Çalışma bulgularından biri olan obsesif kompulsif belirtisi olan kontrol ve dissosiyasyon alt boyutu olan amnezi ilişkisi, obsesif kompulsif tanısı almış bireylerin belirtilerinin artmasıyla kişilerin belleklerine duydukları güvenin azalması ve tekrarlayan konrol davranışları şeklinde açıklanmıştır. Dissosiyatif bozukluk, kişilerde bilinç -bellek işlevlerinin bozulması olarak tanımlanabilir. Obsesif kompulsif belirtilerin dissosiyasyon ile ilişkisini, iki hastalıkta da kişilerin algılama ve çevre ile ilgili sorunlarından kaynaklanır. Obsesif kompulsif bozukluk tanısı almış bireylerin, dissosiyasyon alt boyutlarına da sahip olduğu ve yaşamlarını bu semptomlara göre şekillendirdiği yapılan araştırmalarca görülmüştür.


Kaynakça:

  • Özgündüz, C. M., Kenar Güler, J., Tekin, A., Özer, Ö. A., Karamustafalıoğlu, O. (2019). Obsesif-kompulsif bozukluk hastalarında dissosiyasyon ve çocukluk çağı travmalarının sağlıklı gönüllülerle karşılaştırılması. Anadolu Psikiyatri Dergisi. 20 (3), 287-295.
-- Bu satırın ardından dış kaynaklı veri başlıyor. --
-- ===== src/RateLimit/Tests.antt =====
-- Three requests of one address in a minute against a limit of two.
use gridix_infra.RateLimit.Windows.{admitted, admitted_lem}
use gridix_infra.RateLimit.{check_rate_limit, check_local, bump_local}
use gridix_infra.Prelude.{ℕ, String, List, [], ◌∷◌, ◌≡◌, refl, arith}

abbrev requests : List (String × ℕ)
requests = ("ip:a", 0) ∷ ("ip:b", 10) ∷ ("ip:a", 20) ∷ ("ip:a", 59) ∷ ("ip:a", 60) ∷ []

two_of_three : admitted 2 60 ("ip:a", 0) requests [] ≡ 2
unfolding check_rate_limit check_local bump_local
two_of_three = refl

admitted_lem_example : admitted 2 60 ("ip:a", 0) requests [] ≡ 2
admitted_lem_example =
    admitted_lem 2 60 ("ip:a", 0) requests
      (omega arith, (omega arith, (omega arith, (omega arith, (omega arith, tt)))))
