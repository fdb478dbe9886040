-- ===== src/Reputation.antt =====
-- api/app/reputation.py: the running score of a provider and its append-only events. Scores and
-- deltas are in half points.
pub mod Trail
mod Tests
use gridix_infra.Prelude.{Option, none, some, List, [], ◌∷◌, ◌++◌}
use gridix_infra.Prelude.Int.{ℤ, pos, negsuc, ◌+ℤ◌, min_ℤ, max_ℤ}
use gridix_infra.Models.{ReputationKind}
use gridix_infra.Models.Rows.{Provider, ReputationEvent, Uuid}

abbrev pub rep_min : ℤ
rep_min = pos 0

abbrev pub rep_max : ℤ
rep_max = pos 200

-- `_DELTAS`
unfoldable pub delta_of : ReputationKind → ℤ
delta_of ReputationKind.job_success = pos 2
delta_of ReputationKind.job_failure = negsuc 1
delta_of ReputationKind.timeout = negsuc 3
delta_of ReputationKind.canary_pass = pos 4
delta_of ReputationKind.canary_fail = negsuc 49
delta_of ReputationKind.quorum_agree = pos 3
delta_of ReputationKind.quorum_disagree = negsuc 29
delta_of ReputationKind.dispute = negsuc 9
delta_of ReputationKind.slash = pos 0

-- `_clamp`
unfoldable pub clamp : ℤ → ℤ
clamp score = max_ℤ rep_min (min_ℤ rep_max score)

abbrev pub change_of : ReputationKind → Option ℤ → ℤ
change_of kind none = delta_of kind
change_of kind (some delta) = delta

-- The provider's row after the event, and the event.
unfoldable pub record_reputation :
    Provider → ReputationKind → Option Uuid → Option ℤ → Provider × ReputationEvent
record_reputation p kind job_id delta =
    let change = change_of kind delta in
    let score = clamp (p.reputation +ℤ change) in
    (
      record p { reputation = score },
      record {
        provider_id = p.id;
        job_id = job_id;
        kind = kind;
        delta = change;
        score_after = score;
      },
    )
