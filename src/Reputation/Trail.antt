-- ===== src/Reputation/Trail.antt =====
-- What a provider's events say of its score.
use gridix_infra.Prelude.{Option, List, [], ◌∷◌, ◌≡◌, refl, arith}
use gridix_infra.Prelude.Int.{ℤ, ◌+ℤ◌, ◌≤ℤ◌, min_ℤ, max_ℤ}
use gridix_infra.Models.{ReputationKind}
use gridix_infra.Models.Rows.{Provider, ReputationEvent, Uuid}
use gridix_infra.Reputation.{rep_min, rep_max, clamp, change_of, record_reputation}

-- One thing that shifts trust.
pub record Shift : Type 0 where
  pub kind : ReputationKind
  pub job_id : Option Uuid
  pub delta : Option ℤ

-- The provider and its events after a sequence of shifts.
abbrev pub record_all : Provider → List Shift → Provider × List ReputationEvent
record_all p [] = (p, [])
record_all p (x ∷ xs) =
    let (q, event) = record_reputation p x.kind x.job_id x.delta in
    let (r, events) = record_all q xs in (r, event ∷ events)

-- The score that the events alone account for.
abbrev pub replay : ℤ → List ReputationEvent → ℤ
replay score [] = score
replay score (e ∷ events) = replay (clamp (score +ℤ e.delta)) events

clamp_bounds : (x : ℤ) → (rep_min ≤ℤ clamp x) × (clamp x ≤ℤ rep_max)
unfolding clamp max_ℤ min_ℤ
clamp_bounds x = ground arith

-- Whatever events a provider meets, each with its default or another delta: the score stays in its
-- range if it started there, and the events alone account for it.
pub record_all_trail :
    (p : Provider) (xs : List Shift)
    → rep_min ≤ℤ p.reputation
    → p.reputation ≤ℤ rep_max
    → let (q, events) = record_all p xs in
      (rep_min ≤ℤ q.reputation)
      × (q.reputation ≤ℤ rep_max)
      × (q.reputation ≡ replay p.reputation events)
unfolding record_reputation
record_all_trail p [] low high = (low, high, refl)
record_all_trail p (x ∷ xs) low high =
    let (q, event) = record_reputation p x.kind x.job_id x.delta in
    let bounds = clamp_bounds (p.reputation +ℤ change_of x.kind x.delta) in
    record_all_trail q xs bounds.0 bounds.1
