-- ===== src/Reputation/Tests.antt =====
-- A provider that succeeds once and is then caught cheating.
use gridix_infra.Prelude.{[], ◌∷◌, none, some, ◌≡◌, refl, arith, List}
use gridix_infra.Prelude.Int.{pos, ◌≤ℤ◌, ◌+ℤ◌, min_ℤ, max_ℤ}
use gridix_infra.Models.{ReputationKind}
use gridix_infra.Models.Samples.{plain_provider}
use gridix_infra.Reputation.{rep_min, rep_max, record_reputation, clamp, delta_of}
use gridix_infra.Reputation.Trail.{Shift, record_all, replay, record_all_trail}

abbrev cheat : List Shift
cheat =
    record { kind = ReputationKind.job_success; job_id = some 1; delta = none }
    ∷ record { kind = ReputationKind.canary_fail; job_id = some 2; delta = none }
    ∷ []

cheat_score : (record_all plain_provider cheat).0.reputation ≡ pos 52
unfolding record_reputation clamp delta_of ◌+ℤ◌ min_ℤ max_ℤ
cheat_score = refl

record_all_trail_example :
    let (q, events) = record_all plain_provider cheat in
    (rep_min ≤ℤ q.reputation) × (q.reputation ≤ℤ rep_max) × (q.reputation ≡ replay (pos 100) events)
record_all_trail_example = record_all_trail plain_provider cheat (omega arith) (omega arith)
  • Tatlı, M., Çetinkaya, Ö., Maner, F. (2018, 31 Mayıs). Obsesif-kompulsif bozukluk ve dissosiyatif yaşantılar arasındaki ilişkinin değerlendirilmesi. Clin Psychopharmacol Neurosci. 16 (2), 161–167. doi: 10.9758 / cpn.2018.16.2.161
  • Kılıç, B. S. S. P. (2019). Obsesif kompulsif belirtilerin çocukluk çağı travma türleri ve dissosiyatif yaşantılarla ilişkisi [Yüksek Lisans Tezi, Işık Üniversitesi].
  • Demirci, K. (2016). Çocukluk çağı travmaları ve obsesif kompulsif belirtilerin ilişkisinin inceleenmesi. Journal of Mood Disorders. 6(1), 7-13.